-- ===== src/Session/Sweep.antt =====
-- The life of the job of a connection: registered by `register_read`, given up by `free`
-- (netpool/outclass/CNetRecv.cpp), and taken out of the list by `handle_deling_job`
-- (netpool/src/CJobIoMgr.cpp).
use netpool.Base.{
  ℕ, ◌≡◌, refl, sym, ap, subst, ◌∙◌, Bool, true, false, Option, none, some, List, [], ◌∷◌, ◌++◌,
  arith, ◌==◌, ==_refl, if◌then◌else◌, All, if_cases,
}
use netpool.NetPoll.{IoJob, NetPoll, CtlOp, handle_deling_job}
use netpool.NetPoll.Ops.{add_read_job}
use netpool.NetPoll.Find.{Stands, Passes, find_io_job-none}
use netpool.NetPoll.Add.{add_read_job-adds}
use netpool.NetPoll.Jobs.{condemned, handle_deling_job-append}
use netpool.Session.{Session, no_fd, recv_callback, free_callback, after_np, register_read, free}
use netpool.Session.Deletion.{InRange}
use netpool.Session.Calls.{Registered}
use netpool.Session.Free.{free-Condemns}

module _ {E : Type 0} (epoll_ctl : CtlOp → Option ℕ → (fd : ℕ) → E → Bool × E) where
  -- The sweep of the thread of `j` takes a job with the address of `j` out of the list, whose callback is
  -- _free_callback().
  abbrev pub Swept : IoJob → Session E → Type 0
  Swept j s =
      (job : IoJob) × (first : List IoJob) × (last : List IoJob) × ((handle_deling_job j.thrd_index
          s.poll.io_jobs).1
        ≡ first ++ job ∷ last)
      × (job.addr ≡ j.addr)
      × (job.free_func ≡ free_callback)

  -- If the first job with the descriptor of the connection is not marked for deletion, has no event but those
  -- that the connection has registered, at least one, and its thread has a place in m_epfd, then
  -- `free` returns, and a sweep of that thread then takes a job with the same address out of the list,
  -- whose callback is _free_callback().
  pub free-Swept :
      (s : Session E) (before : List IoJob) (j : IoJob) (after : List IoJob)
      → Stands s.conn.fd s.poll.io_jobs before j after
      → InRange epoll_ctl s.poll j
      → Registered s.conn j
      → (s' : Session E) × (free epoll_ctl s ≡ some s') × Swept j s'
  free-Swept s before j after stands range registered =
      let (s', run, (gone, again)) =
        free-Condemns epoll_ctl s before j after stands range registered in
      let marked : condemned j.thrd_index gone.job ≡ true =
        rw (gone.is_same.2, ==_refl j.thrd_index, gone.is_marked) refl in
      (
        s',
        run,
        (
          gone.job,
          _,
          _,
          ap (λ jobs. (handle_deling_job j.thrd_index jobs).1) gone.at
              ∙ handle_deling_job-append j.thrd_index before gone.job after marked,
          gone.is_same.0,
          gone.will_free,
        ),
      )

  reading : Session E → NetPoll → E → Session E
  reading s p e = record s {
    conn = record s.conn { is_register_read = true };
    poll = p;
    kernel = e;
  }

  -- The answer of np_add_read_job where `register_read` returns 0.
  abbrev AnswersTrue : (s s' : Session E) → Option (Bool × NetPoll × E) → Type 0
  AnswersTrue s s' answer =
      (p : NetPoll) × (e : E) × (answer ≡ some (true, p, e)) × (s' ≡ reading s p e)

  abbrev read_next : Session E → Bool → Session E → Bool × Session E
  read_next s done t =
      (done, if done then record t { conn = record s.conn { is_register_read = true } } else t)

  after_np-true :
      (s s' : Session E) (answer : Option (Bool × NetPoll × E))
      → after_np s answer (read_next s) ≡ some (true, s')
      → AnswersTrue s s' answer
  unfolding after_np reading
  after_np-true s s' none h = absurd (ground arith)
  after_np-true s s' (some (true, p, e)) h = (p, e, refl, cc)
  after_np-true s s' (some (false, p, e)) h = absurd (ground arith)

  register_read-true :
      (addr : ℕ) (s s' : Session E)
      → register_read epoll_ctl addr s ≡ some (true, s')
      → AnswersTrue s s' (
          add_read_job epoll_ctl addr recv_callback s.conn.fd s.conn.self s.conn.thrd_index 0 true
            s.poll s.kernel)
  unfolding register_read
  register_read-true addr s s' run =
      let answer =
        add_read_job epoll_ctl addr recv_callback s.conn.fd s.conn.self s.conn.thrd_index 0 true
          s.poll s.kernel in
      if_cases (λ o. o ≡ some (true, s') → AnswersTrue s s' answer) (s.conn.fd == no_fd)
        (λ h r. absurd (ground arith)) (λ h r. after_np-true s s' answer r) run

  -- The session has a job for its connection behind the jobs that it had.
  abbrev pub HasJob : (before : List IoJob) → Session E → Type 0
  HasJob before s =
      (j : IoJob) × Stands s.conn.fd s.poll.io_jobs before j []
      × InRange epoll_ctl s.poll j
      × Registered s.conn j
      × (j.param1 ≡ s.conn.self)
      × (j.event_read ≡ true)
      × (j.event_write ≡ false)
      × (s.conn.is_register_read ≡ true)

  -- If no job has the descriptor of the connection and `register_read` returns 0, the list has one more job, at
  -- its end, which belongs to the connection and is the one that a search for the descriptor finds; it waits
  -- for reading and not for writing, the connection has noted that it has registered for reading, and
  -- its thread has a place in m_epfd.
  pub register_read-HasJob :
      (addr : ℕ) (s s' : Session E)
      → All (Passes s.conn.fd) s.poll.io_jobs
      → register_read epoll_ctl addr s ≡ some (true, s')
      → HasJob s.poll.io_jobs s'
  unfolding reading
  register_read-HasJob addr s s' passed run =
      let (p, e, answer, same) = register_read-true addr s s' run in
      let added =
        add_read_job-adds epoll_ctl addr recv_callback s.conn.fd s.conn.self s.conn.thrd_index 0
          true s.poll s.kernel (find_io_job-none s.conn.fd s.poll.io_jobs passed) answer in
      subst (HasJob s.poll.io_jobs) (sym same) (
        added.job,
        record {
          passed = passed;
          hit = rw (added.has_fd, ==_refl s.conn.fd) refl;
          wanted = added.is_wanted;
          splits = added.at;
        },
        (added.epfd, rw (added.same_epfds, added.in_range) refl),
        record {
          reads = λ r. refl;
          writes = λ w. absurd (ground (arith, w, added.writes_not));
          registers = refl;
        },
        added.has_param1,
        added.reads,
        added.writes_not,
        refl,
      )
········
Return the entries in full. Do not alter them.

-- ===== src/Session/Sweep.antt =====
-- The life of the job of a connection: registered by `register_read`, given up by `free`
-- (netpool/outclass/CNetRecv.cpp), and taken out of the list by `handle_deling_job`
-- (netpool/src/CJobIoMgr.cpp).
use netpool.Base.{
  ℕ, ◌≡◌, refl, sym, ap, subst, ◌∙◌, Bool, true, false, Option, none, some, List, [], ◌∷◌, ◌++◌,
  arith, ◌==◌, ==_refl, if◌then◌else◌, All, if_cases,
}
use netpool.NetPoll.{IoJob, NetPoll, CtlOp, handle_deling_job}
use netpool.NetPoll.Ops.{add_read_job}
use netpool.NetPoll.Find.{Stands, Passes, find_io_job-none}
use netpool.NetPoll.Add.{add_read_job-adds}
use netpool.NetPoll.Jobs.{condemned, handle_deling_job-append}
use netpool.Session.{Session, no_fd, recv_callback, free_callback, after_np, register_read, free}
use netpool.Session.Deletion.{InRange}
use netpool.Session.Calls.{Registered}
use netpool.Session.Free.{free-Condemns}

module _ {E : Type 0} (epoll_ctl : CtlOp → Option ℕ → (fd : ℕ) → E → Bool × E) where
  -- The sweep of the thread of `j` takes a job with the address of `j` out of the list, whose callback is
  -- _free_callback().
  abbrev pub Swept : IoJob → Session E → Type 0
  Swept j s =
      (job : IoJob) × (first : List IoJob) × (last : List IoJob) × ((handle_deling_job j.thrd_index
          s.poll.io_jobs).1
        ≡ first ++ job ∷ last)
      × (job.addr ≡ j.addr)
      × (job.free_func ≡ free_callback)

  -- If the first job with the descriptor of the connection is not marked for deletion, has no event but those
  -- that the connection has registered, at least one, and its thread has a place in m_epfd, then
  -- `free` returns, and a sweep of that thread then takes a job with the same address out of the list,
  -- whose callback is _free_callback().
  pub free-Swept :
      (s : Session E) (before : List IoJob) (j : IoJob) (after : List IoJob)
      → Stands s.conn.fd s.poll.io_jobs before j after
      → InRange epoll_ctl s.poll j
      → Registered s.conn j
      → (s' : Session E) × (free epoll_ctl s ≡ some s') × Swept j s'
  free-Swept s before j after stands range registered =
      let (s', run, (gone, again)) =
        free-Condemns epoll_ctl s before j after stands range registered in
      let marked : condemned j.thrd_index gone.job ≡ true =
        rw (gone.is_same.2, ==_refl j.thrd_index, gone.is_marked) refl in
      (
        s',
        run,
        (
          gone.job,
          _,
          _,
          ap (λ jobs. (handle_deling_job j.thrd_index jobs).1) gone.at
              ∙ handle_deling_job-append j.thrd_index before gone.job after marked,
          gone.is_same.0,
          gone.will_free,
        ),
      )

  reading : Session E → NetPoll → E → Session E
  reading s p e = record s {
    conn = record s.conn { is_register_read = true };
    poll = p;
    kernel = e;
  }

  -- The answer of np_add_read_job where `register_read` returns 0.
  abbrev AnswersTrue : (s s' : Session E) → Option (Bool × NetPoll × E) → Type 0
  AnswersTrue s s' answer =
      (p : NetPoll) × (e : E) × (answer ≡ some (true, p, e)) × (s' ≡ reading s p e)

  abbrev read_next : Session E → Bool → Session E → Bool × Session E
  read_next s done t =
      (done, if done then record t { conn = record s.conn { is_register_read = true } } else t)

  after_np-true :
      (s s' : Session E) (answer : Option (Bool × NetPoll × E))
      → after_np s answer (read_next s) ≡ some (true, s')
      → AnswersTrue s s' answer
  unfolding after_np reading
  after_np-true s s' none h = absurd (ground arith)
  after_np-true s s' (some (true, p, e)) h = (p, e, refl, cc)
  after_np-true s s' (some (false, p, e)) h = absurd (ground arith)

  register_read-true :
      (addr : ℕ) (s s' : Session E)
      → register_read epoll_ctl addr s ≡ some (true, s')
      → AnswersTrue s s' (
          add_read_job epoll_ctl addr recv_callback s.conn.fd s.conn.self s.conn.thrd_index 0 true
            s.poll s.kernel)
  unfolding register_read
  register_read-true addr s s' run =
      let answer =
        add_read_job epoll_ctl addr recv_callback s.conn.fd s.conn.self s.conn.thrd_index 0 true
          s.poll s.kernel in
      if_cases (λ o. o ≡ some (true, s') → AnswersTrue s s' answer) (s.conn.fd == no_fd)
        (λ h r. absurd (ground arith)) (λ h r. after_np-true s s' answer r) run

  -- The session has a job for its connection behind the jobs that it had.
  abbrev pub HasJob : (before : List IoJob) → Session E → Type 0
  HasJob before s =
      (j : IoJob) × Stands s.conn.fd s.poll.io_jobs before j []
      × InRange epoll_ctl s.poll j
      × Registered s.conn j
      × (j.param1 ≡ s.conn.self)
      × (j.event_read ≡ true)
      × (j.event_write ≡ false)
      × (s.conn.is_register_read ≡ true)

  -- If no job has the descriptor of the connection and `register_read` returns 0, the list has one more job, at
  -- its end, which belongs to the connection and is the one that a search for the descriptor finds; it waits
  -- for reading and not for writing, the connection has noted that it has registered for reading, and
  -- its thread has a place in m_epfd.
  pub register_read-HasJob :
      (addr : ℕ) (s s' : Session E)
      → All (Passes s.conn.fd) s.poll.io_jobs
      → register_read epoll_ctl addr s ≡ some (true, s')
      → HasJob s.poll.io_jobs s'
  unfolding reading
  register_read-HasJob addr s s' passed run =
      let (p, e, answer, same) = register_read-true addr s s' run in
      let added =
        add_read_job-adds epoll_ctl addr recv_callback s.conn.fd s.conn.self s.conn.thrd_index 0
          true s.poll s.kernel (find_io_job-none s.conn.fd s.poll.io_jobs passed) answer in
      subst (HasJob s.poll.io_jobs) (sym same) (
        added.job,
        record {
          passed = passed;
          hit = rw (added.has_fd, ==_refl s.conn.fd) refl;
          wanted = added.is_wanted;
          splits = added.at;
        },
        (added.epfd, rw (added.same_epfds, added.in_range) refl),
        record {
          reads = λ r. refl;
          writes = λ w. absurd (ground (arith, w, added.writes_not));
          registers = refl;
        },
        added.has_param1,
        added.reads,
        added.writes_not,
        refl,
      )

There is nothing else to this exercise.